Not including the price of car upkeep or the snow we have been having up here. I have 10 foot snow banks now in front of my place now!!  Lots of things getting in the way of training right now, much to my chagrin.


----------



## Jennifer Marshall (Dec 13, 2007)

Has not affected me. I'm going just over 200 miles to train and learn tomorrow. It helps having a car that gets 38-41 hwy.  Gas is currently $3.49 here, when I'm only traveling around town one tank will last me over a month.


----------



## Dan Long (Jan 10, 2008)

I travel 60 miles round trip for both of my training venues. I have a big van that is horrible on gas, so it costs me about $20 including tolls for each session. 

I've started taking our small car to the Saturday session since I don't have to kennel him. I'll keep using the van on protection day so he has room when he's not having a session.


----------



## Matthew Grubb (Nov 16, 2007)

After reading all those posts, I’m very thankful for my Government Ride.


----------



## marcy bukkit (Oct 4, 2007)

I have had to cut back on how often I can go for training.

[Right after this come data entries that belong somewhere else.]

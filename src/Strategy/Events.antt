-- ===== src/Strategy/Events.antt =====
-- services/strategy/src/core/service.py: the state of the service, what it is given and what it
-- publishes; `RuleOutput` and the rules of trading_common/strategies/base.py.
use market_app.Prelude.{String, Bool, Option, List}
use market_app.Prelude.Act.{Outcome}
use market_app.Prelude.Dict.{Dict}
use market_app.Gates.Cost.{CostAwareFilter}
use market_app.Gates.Envelope.{Signal, RiskLimits, GateReason}
use market_app.Strategy.Health.{Status, HealthReason, Tracker}

-- `RuleOutput` of strategies/base.py.
pub record RuleOutput (F : Type 0) : Type 0 where
  pub signal : Signal
  pub confidence : F
  pub stop_atr_mult : F
  pub take_profit_rr : F
  pub reason : String
  pub metadata : Dict String F

pub record StrategyRule (F : Type 0) : Type 0 where
  pub name : String
  pub generate : Dict String F → Dict String F → Option (Dict String F) → RuleOutput F

pub record PortfolioSnapshot (F : Type 0) : Type 0 where
  pub value : F
  pub exposure_pct : F
  pub drawdown_pct : F
  pub daily_loss_pct : F

-- What risk-mgmt answers; a key may be missing.
pub record PortfolioAnswer (F : Type 0) : Type 0 where
  pub value : Option F
  pub exposure_pct : Option F
  pub drawdown_pct : Option F
  pub daily_loss_pct : Option F

-- The metadata of the event is that of the rule, its reason and the reason of the gate.
pub record SignalGenerated (F : Type 0) : Type 0 where
  pub symbol : String
  pub strategy_name : String
  pub signal : Signal
  pub confidence : F
  pub price : F
  pub stop_loss : F
  pub take_profit : F
  pub metadata : Dict String F
  pub rule_reason : String
  pub risk_reason : GateReason

-- The reason of a status change: a backtest's recommendation and degradation, or the metrics.
pub data ChangeReason (F : Type 0) : Type 0 where
  backtest_revalidation : String → F → ChangeReason F
  decay : HealthReason → ChangeReason F

pub record StatusChanged (F : Type 0) : Type 0 where
  pub strategy_name : String
  pub old_status : Status
  pub new_status : Status
  pub reason : ChangeReason F
  pub sharpe_90d : F
  pub profit_factor_30d : Option F

pub record Revalidated (F : Type 0) : Type 0 where
  pub strategy_name : String
  pub recommended_status : String
  pub current_oos_sharpe : F
  pub degradation_pct : F

pub data Published (F : Type 0) : Type 0 where
  generated : SignalGenerated F → Published F
  changed : StatusChanged F → Published F

pub record Service (F : Type 0) : Type 0 where
  pub rules : Dict String (StrategyRule F)
  pub health : Dict String (Tracker F)
  pub limits : RiskLimits F
  pub cost : CostAwareFilter F
  pub portfolio : PortfolioSnapshot F
  pub rule_params : Dict String (Dict String F)
  pub fallback_stop_pct : F
  pub edge_bps : F
  pub cap_tier : String
  pub published : List (Published F)

pub record Env (F : Type 0) : Type 0 where
  pub publishes : Published F → Bool
  pub get_ranked : String → Outcome (Option (Dict String F))
  pub get_features : String → Outcome (Option (Dict String F))
  pub has_portfolio_client : Bool
  pub get_portfolio : Outcome (Option (PortfolioAnswer F))
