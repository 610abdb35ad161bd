-- ===== src/MlPipeline/Numpy.antt =====
-- The functions of numpy and of `math` that services/ml-pipeline and services/backtest call: they
-- are not code of the repository, so they are an interface.
use market_app.Prelude.{List}
use market_app.Prelude.Int.{pos}
use market_app.Float.Fixed.{Fixed}

pub record Numpy (F : Type 0) : Type 0 where
  pub log_op : F → F
  pub sqrt_op : F → F
  -- `np.std(xs, ddof=1)`
  pub std_op : List F → F
  pub mean_op : List F → F

-- Plain stand-ins in fixed-point numbers, for the definitions to run on.
instance abbrev pub fixed_numpy : Numpy Fixed
fixed_numpy = record {
  log_op = λ x. x;
  sqrt_op = λ x. x;
  std_op = λ xs. pos 100;
  mean_op = λ xs. pos 0;
}
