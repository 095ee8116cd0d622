-- ===== src/Lib.antt =====
-- multisim: channels between simulations.
--
-- multisim joins simulators, emulators and software. A server process opens named channels, a client
-- process connects to them by name, and both push and pull arrays of 2-state or 4-state data of a
-- fixed width. A channel is a stream socket, found through an info file in the directory `.multisim`.
--
-- What is modelled, and where:
--   InfoFile        src/core/socket_server/info_file.h: `fnv1a_hash_str` and `info_file_path`.
--   UnixSocket      src/core/socket_server/unix_socket.h: `unix_socket_file` and `unix_socket_addr`.
--   Os              the system calls of src/core/socket_server, as a record of operations that all
--                   definitions take. A process threads its `World` through the calls.
--   SocketIo        src/core/socket_server/socket_io.h: `send_msg` and `read_msg`, which transfer whole
--                   messages over a stream that may stall and split them. SocketIo.Stream has the
--                   documented behaviour of send(), read() and poll() that the theorems rely on.
--   SocketServer    src/core/socket_server/server.cpp and server.h: class `Server`; `start` is
--                   `Server::start` and `accept_new_socket` is `Server::acceptNewSocket`.
--   Scan            the conversions of fscanf() that the client uses.
--   SocketClient    src/core/socket_server/client.cpp and client.h: class `Client`; `parse_info` is what
--                   `Client::getServerIpAndPort` reads from an info file.
--   Names           the map `server_name_to_idx` of both sides, and the checks of
--                   src/core/multisim_common.h on names.
--   Data            the buffers of `push_core` and `pull_core` of src/core/multisim_server.cpp and
--                   src/core/multisim_client.cpp, for the targets of src/core/multisim_common.h.
--   MultisimServer  src/core/multisim_server.cpp: `State` has the statics of the file, and each function
--                   keeps its name.
--   Zebu            its part under MULTISIM_ZEBU.
--   MultisimClient  src/core/multisim_client.cpp, in the same way.
--   Channel         runs of a client's pushes and of a server's pulls on one channel.
--                   Channel.Down has those of a server's pushes and of a client's pulls.
--   SocketIo.Separate  what the theorems rely on where a process has several connections: a call on
--                   one descriptor leaves the others alone. SocketIo.Ledger says which calls open and
--                   close connections, and SocketIo.Alive what a peer that stays does.
--   SwServer        example/sw_server/sw_client/read_write/src/sw_server.cpp: `serve` is the loop
--                   of main(), `turn` a round of it, and `process` what a command does to `mem`.
--                   SwServer.Served says what a memory answers, for the loop to be compared with.
--   SwClient        sw_client.cpp beside it: each function keeps its name, and each loop of main() is
--                   a function. SwClient.Coherent runs the client against the server.
--   StreamTest      example/sw_server/sw_client/unit/stream.cpp, its server and its client.
--   EchoTest        unit/echo.cpp beside it, and Bench example/sw_server/sw_client/bench/bench.cpp.
--   Base            numbers, tests, lists and the results of a run, for all files.
--   Tests           a small system to run the program on, with the theorems at concrete inputs.
--
-- Conventions. A text is a list of bytes, and memory behind a data handle a list of 32-bit words. A
-- `Run` is a result, an exit with EXIT_FAILURE, a failing assert or an uncaught exception, or a loop
-- that is out of fuel or waits for ever; the asserts are enabled. A result of -1 carries the `errno` that the call
-- left. Static arrays start with zeros, as in C++, so the sockets of a server process that no start
-- has set are 0 and not -1. Numbers of the program that are not negative are natural numbers; `htons` and the hash wrap around as in C++.
--
-- Fuel. `send_msg` and `read_msg` take the number of rounds, `Server::start` the number of ports
-- that it tries, `Client::start` the number of rounds of each of its loops. A round of the first
-- two transfers bytes or waits in poll(), which has no time limit: where it never comes back, the
-- loop has no result on any fuel, and `IsResponsive` of SocketIo.Stream says that it does come back.
-- A port is tried once; a client waits for its server, and two rounds more than it waits are enough.
-- The server's loop in SwServer takes a number of rounds too, and runs until a client ends it. The
-- loops of StreamTest, EchoTest and Bench around a push or a pull take a number of tries, and run
-- until the call gives success.
--
-- Not modelled: the SystemVerilog modules, the test programs with fork() and signals, the scripts,
-- what is printed on the terminal, the time that is measured, the debug code that makes every
-- thousandth transfer fail, and hosts that are not little-endian.
pub mod Base
pub mod InfoFile
pub mod UnixSocket
pub mod Os
pub mod SocketIo
pub mod Data
pub mod SocketServer
pub mod Names
pub mod Scan
pub mod SocketClient
pub mod MultisimServer
pub mod MultisimClient
pub mod Zebu
pub mod Channel
pub mod SwServer
pub mod SwClient
pub mod StreamTest
pub mod EchoTest
pub mod Bench
pub mod Tests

I'm thinking about training my mals for sledding and carting. Then I'll let them provide transport to protection training, tracking fields, competitions...


----------



## Nancy Jocoy (Apr 19, 2006)

I have had to cut back some ........ I have a hard time justifying a 2 hour drive each way for a 2 hour night training. ......... I am pretty much filling up every other week. Fortuntately I telecommute so the truck is just for SAR and errands and I am very good about not "running to the store" - I can go for 3-4 days without driving anywhere..


----------



## Bob Scott (Mar 30, 2006)

No changes! Fortunately I'm only about 18-20 miles from the club field. Having a Pontiac Vibe that gets 30+ also helps a bunch. 
Only disadvantage is having two GSDs and my equiptment in the Vibe doesn't leave room for much of anything/anybody else. It's filthy, smelly and hairy. Nobody but other dog folks will ride with me. Not always a bad thing.


----------



## Will Kline (Jan 10, 2008)

Hasn't changed my training at all since I live 10.2 miles from the training area. However, that being said, I will not be visiting many distant events unless I have a partner in crime to help defray cost of gas. My suv only gets 22 mpg on the highway! #-o


----------



## David Frost (Mar 29, 2006)

Matthew Grubb said:


> After reading all those posts, I’m very thankful for my Government Ride.


Amen.

DFrost


----------



## Kadi Thingvall (Jan 22, 2007)

Yes, it has effected not only the training but the trialing situation. I was already spending 4-500 a month on gas, with the recent increase in prices that's going to get even crazier. Can't keep that up forever. And since I only work 15 miles from my house, and the grocery store is maybe 2 miles away (probably more like 1) the vast majority of that gas money is for dog training. My club also recently lost our main training field and are looking at a new one, but it's another 30 minutes further away. Since it was already 2-2.5 hours to get to training before the field move, I'm going to have to cut back.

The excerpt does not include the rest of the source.